Topic: Comparison of natural language processing methods in topic classification and modeling of informative and scientific articles
The aim of this thesis was to study and compare the capabilities of natural language processing methods in the fields of topic classification and modeling. The question posed was in what extend do algorithms of unsupervised learning are capable to substitute the supervised ones. Potential benefit which can be gained in the process is automation of manual data labeling.
The examination included 4 datasets, 4 feature extraction methods, 5 classifiers and 3 topic modeling algorithms:
- Datasets: 20 Newsgroups, News Category Dataset, BBC News Summary, ArXiv Metadata, (Arxiv preprocessed)

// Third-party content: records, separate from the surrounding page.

-- ===== src/Token/Removing.antt =====
-- `RemoveQmid`: what it erases, what it keeps, and that it undoes `InsertQmid`.
use sigmod_programming_conte.Base.{
  ℕ, zero, suc, ◌<◌, ◌≡◌, ◌≢◌, refl, subst, sym, ap, ◌∙◌, Bool, true, false, Option, none, some,
  List, [], ◌∷◌, ◌++◌, ◌==◌, ◌||◌, set, get_or, arith, get_elem?-get_or, Option-cases, inl, inr,
  ==→eq,
}
use sigmod_programming_conte.Base.Bits.{has_bit, has_bit-clear, clear-lt, eq_of_bits}
use sigmod_programming_conte.Core.{MatchType, ErrorCode, ok, not_found}
use sigmod_programming_conte.Token.Defs.{
  TokenQmidInfo, TokenInfo, insert_qmid, erase_qmid, put_bucket, reset_highest, remove_at,
  remove_qmid,
}
use sigmod_programming_conte.Token.Requests.{
  asks, entries, filled, IsConsistent, slot, write-IsConsistent, reset_highest-same,
  same-IsConsistent,
}
use sigmod_programming_conte.Token.Inserting.{
  slot-lt, insert_qmid-IsConsistent, asks-slot, querypointer-insert_qmid,
}

-- The pointer that `RemoveQmid` leaves for what is left of a list.
abbrev pointer : List TokenQmidInfo → Option (List TokenQmidInfo)
pointer [] = none
pointer (x ∷ xs) = some (x ∷ xs)

pointer-ne : (l : List TokenQmidInfo) → pointer l ≢ some []
pointer-ne [] = ground arith
pointer-ne (x ∷ xs) = ground arith

entries-pointer : (l : List TokenQmidInfo) → entries (pointer l) ≡ l
entries-pointer [] = refl
entries-pointer (x ∷ xs) = refl

-- A pointer of a consistent word is the one that its entries have.
pointer-entries : (p : Option (List TokenQmidInfo)) → p ≢ some [] → pointer (entries p) ≡ p
pointer-entries none h = refl
pointer-entries (some []) h = absurd (h refl)
pointer-entries (some (x ∷ xs)) h = refl

put_bucket-writes :
    (b : ℕ) (l : List TokenQmidInfo) (t : TokenInfo)
    → (put_bucket b l t).querypointer ≡ set t.querypointer b (pointer l)
unfolding put_bucket
put_bucket-writes b [] t = refl
put_bucket-writes b (x ∷ xs) t = refl

put_bucket-IsConsistent :
    (b : ℕ) (l : List TokenQmidInfo) {t : TokenInfo}
    → b < 7
    → has_bit t.requests b ≡ true
    → IsConsistent t
    → IsConsistent (put_bucket b l t)
unfolding put_bucket
put_bucket-IsConsistent b [] {t} h set_bit c =
    write-IsConsistent (put_bucket b [] t) b none h c refl (clear-lt t.requests b c.small h)
      (ground arith) (λ j hj. ground (arith, has_bit-clear t.requests b j c.small h hj))
put_bucket-IsConsistent b (x ∷ xs) {t} h set_bit c =
    write-IsConsistent (put_bucket b (x ∷ xs) t) b (some (x ∷ xs)) h c refl c.small (ground arith)
      (λ j hj. ground (arith, ==→eq b j))

-- `RemoveQmid` on a list that is there.
remove_at_step :
    (i qmid : ℕ) (t : TokenInfo) {l : List TokenQmidInfo}
    → i < 7
    → IsConsistent t
    → get_or t.querypointer i none ≡ some l
    → remove_at i qmid t ≡ elim (erase_qmid qmid l) as (λ _. Option (TokenInfo × ErrorCode)) [
      | none ↦ some (t, not_found)
      | some rest ↦ some (reset_highest (put_bucket i rest t), ok)
    ]
unfolding remove_at
remove_at_step i qmid t lt c there =
    rw (get_elem?-get_or t.querypointer i none (omega (arith, c.width)), there) refl

-- What a call of `RemoveQmid` did with list `i`: it read a null pointer; or the query was not
-- there and nothing changed; or the first entry of the query is gone from that list, the other
-- lists are the same, and so is the rest of the word.
pub data Removal (t : TokenInfo) (i qmid : ℕ) : Option (TokenInfo × ErrorCode) → Type 0 where
  null_list : asks t i ≡ [] → Removal t i qmid none
  absent :
      asks t i ≢ [] → erase_qmid qmid (asks t i) ≡ none → Removal t i qmid (some (t, not_found))
  erased :
      {u : TokenInfo} (rest : List TokenQmidInfo)
      → erase_qmid qmid (asks t i) ≡ some rest
      → IsConsistent u
      → u.querypointer ≡ set t.querypointer i (pointer rest)
      → Removal t i qmid (some (u, ok))

has_bit_of_filled :
    {t : TokenInfo} {i : ℕ} (x : TokenQmidInfo) (xs : List TokenQmidInfo)
    → i < 7
    → IsConsistent t
    → get_or t.querypointer i none ≡ some (x ∷ xs)
    → has_bit t.requests i ≡ true
has_bit_of_filled {t} {i} x xs lt c there = rw (c.mirrors i lt, there)

found_cases :
    (i qmid : ℕ) (t : TokenInfo) (l : List TokenQmidInfo)
    → i < 7
    → IsConsistent t
    → get_or t.querypointer i none ≡ some l
    → Removal t i qmid (remove_at i qmid t)
found_cases i qmid t [] lt c there = absurd (c.pruned i lt there)
found_cases i qmid t (x ∷ xs) lt c there =
    rw (remove_at_step i qmid t lt c there) (elim (Option-cases (erase_qmid qmid (x ∷ xs))) [
      | inl gone ↦ rw gone (absent (rw there (ground arith)) (rw there gone))
      | inr (rest, left) ↦
          let put = put_bucket i rest t in
          let same = reset_highest-same put in
          rw left (
            erased rest (rw there left)
              (same-IsConsistent {t = put} (reset_highest put) same
                (put_bucket-IsConsistent i rest lt (has_bit_of_filled x xs lt c there) c))
              (same.0 ∙ put_bucket-writes i rest t))
    ])

remove_at_cases :
    (i qmid : ℕ) (t : TokenInfo) → i < 7 → IsConsistent t → Removal t i qmid (remove_at i qmid t)
unfolding remove_at
remove_at_cases i qmid t lt c = elim (Option-cases (get_or t.querypointer i none)) [
  | inr (l, there) ↦ found_cases i qmid t l lt c there
  | inl null ↦
      rw (get_elem?-get_or t.querypointer i none (omega (arith, c.width)), null)
        (null_list (rw null))
]

-- `RemoveQmid` for a type and a distance that have a list does one of three things: it reads a
-- null pointer, if no query is in that list; it changes nothing, if this query is not; else it
-- erases the first entry of this query, keeps the other lists, and keeps the invariant.
pub remove_qmid_cases :
    (qmid : ℕ) (mt : MatchType) (dist : ℕ) (t : TokenInfo) {i : ℕ}
    → slot mt dist ≡ some i
    → IsConsistent t
    → Removal t i qmid (remove_qmid qmid mt dist t)
unfolding remove_qmid
remove_qmid_cases qmid mt dist t {i} e c =
    let (lt, same) = slot-lt mt dist e in
    subst (λ b. Removal t i qmid (remove_at b qmid t)) (sym same) (remove_at_cases i qmid t lt c)

-- The queries recorded in a list, as ids.
abbrev pub mentions : ℕ → List TokenQmidInfo → Bool
mentions qmid [] = false
mentions qmid (x ∷ xs) = x.qmid_ == qmid || mentions qmid xs

erase_qmid-snoc :
    (qmid : ℕ) (l : List TokenQmidInfo) (x : TokenQmidInfo)
    → mentions qmid l ≡ false
    → x.qmid_ ≡ qmid
    → erase_qmid qmid (l ++ x ∷ []) ≡ some l
unfolding erase_qmid
erase_qmid-snoc qmid [] x h e = ground arith
erase_qmid-snoc qmid (y ∷ l) x h e = ground (arith, erase_qmid-snoc qmid l x)

set_twice :
    (xs : List (Option (List TokenQmidInfo))) (i : ℕ) (a b : Option (List TokenQmidInfo))
    → set (set xs i a) i b ≡ set xs i b
set_twice [] i a b = refl
set_twice (x ∷ xs) zero a b = refl
set_twice (x ∷ xs) (suc i) a b = ap (◌∷◌ x) (set_twice xs i a b)

set_self : (xs : List (Option (List TokenQmidInfo))) (i : ℕ) → set xs i (get_or xs i none) ≡ xs
set_self [] i = refl
set_self (x ∷ xs) zero = refl
set_self (x ∷ xs) (suc i) = ap (◌∷◌ x) (set_self xs i)

-- Equal lists have equal bits, so the bytes are equal too.
requests-eq :
    {t u : TokenInfo}
    → IsConsistent t
    → IsConsistent u
    → u.querypointer ≡ t.querypointer
    → u.requests ≡ t.requests
requests-eq {t} {u} c d e =
    eq_of_bits u.requests t.requests d.small c.small
      (λ i lt. d.mirrors i lt ∙ ap (λ q. filled (get_or q i none)) e ∙ sym (c.mirrors i lt))

-- A list that was written and then written back is the old one.
restored :
    (t u v : TokenInfo) (i : ℕ) (p : Option (List TokenQmidInfo)) (rest : List TokenQmidInfo)
    → i < 7
    → IsConsistent t
    → u.querypointer ≡ set t.querypointer i p
    → v.querypointer ≡ set u.querypointer i (pointer rest)
    → rest ≡ asks t i
    → v.querypointer ≡ t.querypointer
restored t u v i p rest lt c pushed left same =
    rw
      (
        left,
        pushed,
        set_twice t.querypointer i,
        same,
        pointer-entries (get_or t.querypointer i none) (c.pruned i lt),
      )
      (set_self t.querypointer i)

-- The result of a removal that can only have erased the last entry.
undone :
    {u : TokenInfo} {i qmid : ℕ} (r : Option (TokenInfo × ErrorCode)) (t : TokenInfo)
    (p : Option (List TokenQmidInfo))
    → i < 7
    → IsConsistent t
    → u.querypointer ≡ set t.querypointer i p
    → asks u i ≢ []
    → erase_qmid qmid (asks u i) ≡ some (asks t i)
    → Removal u i qmid r
    → (v : TokenInfo) × (r ≡ some (v, ok))
      × (v.querypointer ≡ t.querypointer)
      × (v.requests ≡ t.requests)
undone r t p lt c pushed some_there last (null_list empty) = absurd (some_there empty)
undone r t p lt c pushed some_there last (absent _ gone) = absurd (cc)
undone {u} {i} r t p lt c pushed some_there last (erased {u = v} rest left d wrote) =
    let same = restored t u v i p rest lt c pushed wrote (cc) in
    (v, refl, same, requests-eq c d same)

snoc-ne {ℓ} : {A : Type ℓ} (xs : List A) (x : A) → xs ++ x ∷ [] ≢ []
snoc-ne [] x = ground arith
snoc-ne (y ∷ xs) x = ground arith

-- `RemoveQmid` right after `InsertQmid` takes the lists and the request bits of the word back to
-- what they were, for a type and a distance that have a list and a query that was not in it.
pub remove_qmid-insert_qmid :
    (qmid position : ℕ) (mt : MatchType) (dist : ℕ) (t : TokenInfo) {i : ℕ}
    → slot mt dist ≡ some i
    → IsConsistent t
    → mentions qmid (asks t i) ≡ false
    → (v : TokenInfo) × (remove_qmid qmid mt dist (insert_qmid qmid position mt dist t).0
        ≡ some (v, ok))
      × (v.querypointer ≡ t.querypointer)
      × (v.requests ≡ t.requests)
remove_qmid-insert_qmid qmid position mt dist t {i} e c new =
    let u = (insert_qmid qmid position mt dist t).0 in
    let x : TokenQmidInfo = record { qmid_ = qmid; position_ = position } in
    let list : asks u i ≡ asks t i ++ x ∷ [] = asks-slot qmid position mt dist t e c in
    undone (remove_qmid qmid mt dist u) t _ (slot-lt mt dist e).0 c
      (querypointer-insert_qmid qmid position mt dist t e c) (rw list (snoc-ne (asks t i) x))
      (rw list (erase_qmid-snoc qmid (asks t i) x new refl))
      (remove_qmid_cases qmid mt dist u e (insert_qmid-IsConsistent qmid position mt dist c))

- Feature extraction: BOW, TF-IDF, Word2Vec, FastText
- Classifiers: Naive Bayes, Logistic Regression, SVM, SVM with SGD, Random Forest and Gradient Boosting Machines
- Modeling algorithms: LSI, LDA, NMF
During this work an experiment controller was created enabling fast test conducting. Its input were configuration fields defining methods to be used. Data must be prior preprocessed. For preprocessing refer to dataset_utils, fetch_preprocess_and_save_* methods.
def run_tc3_2():
global dataset, feature_extraction_method, classifiers, experiment_controller
dataset = Dataset.arxiv_metadata
feature_extraction_method = FeatureExtractionMethod.WORD2VEC
classifiers = [
ClassificationMethod.Logistic_Regression,
ClassificationMethod.Support_Vector_Machines,
ClassificationMethod.SVM_with_SGD]
experiment_controller = ExperimentController('tc#3.2', '2')
experiment_controller.set_variables(dataset, feature_extraction_method,
classifiers,
should_load_embedding_model=False)
experiment_controller.run_experiment()Part of data preprocessing was done on Google Colab, due to computational time.
For topic modeling two following datasets were used.
BBC News Summary is news dataset with 5 categories, while ArXiv Dataset contains scholar articles in 8 fields. Supervised methods proved definitely better, but ~6% accuracy loss may be tempting price for skipping manual labeling in case of the first dataset. In ArXiv, unsupervised methods achieved much worse score, still they could be possibly used as a suggestion system for manual labelling.
Quite important matter is that scholar articles dataset requires much more specialized knowledge than news. Despite that and the fact that ArXiv had more categories, the difference between their best scores isn't as tremendous. This suggests that classification algorithms do not simply automate manual work, but also are more insensitive to topic expertise.
Also, an experiment with Arxiv dataset containing 18 categories. Physics was expanded into 13 distinct subcategories. Best test score achieved was 0.8155. Again, there was a big scholar knowledge requirement raise, exceeding the author's of this work capabilities. The ~4% score loss seems disproportional, confirming presented algorithms' insensitivity to topic expertise.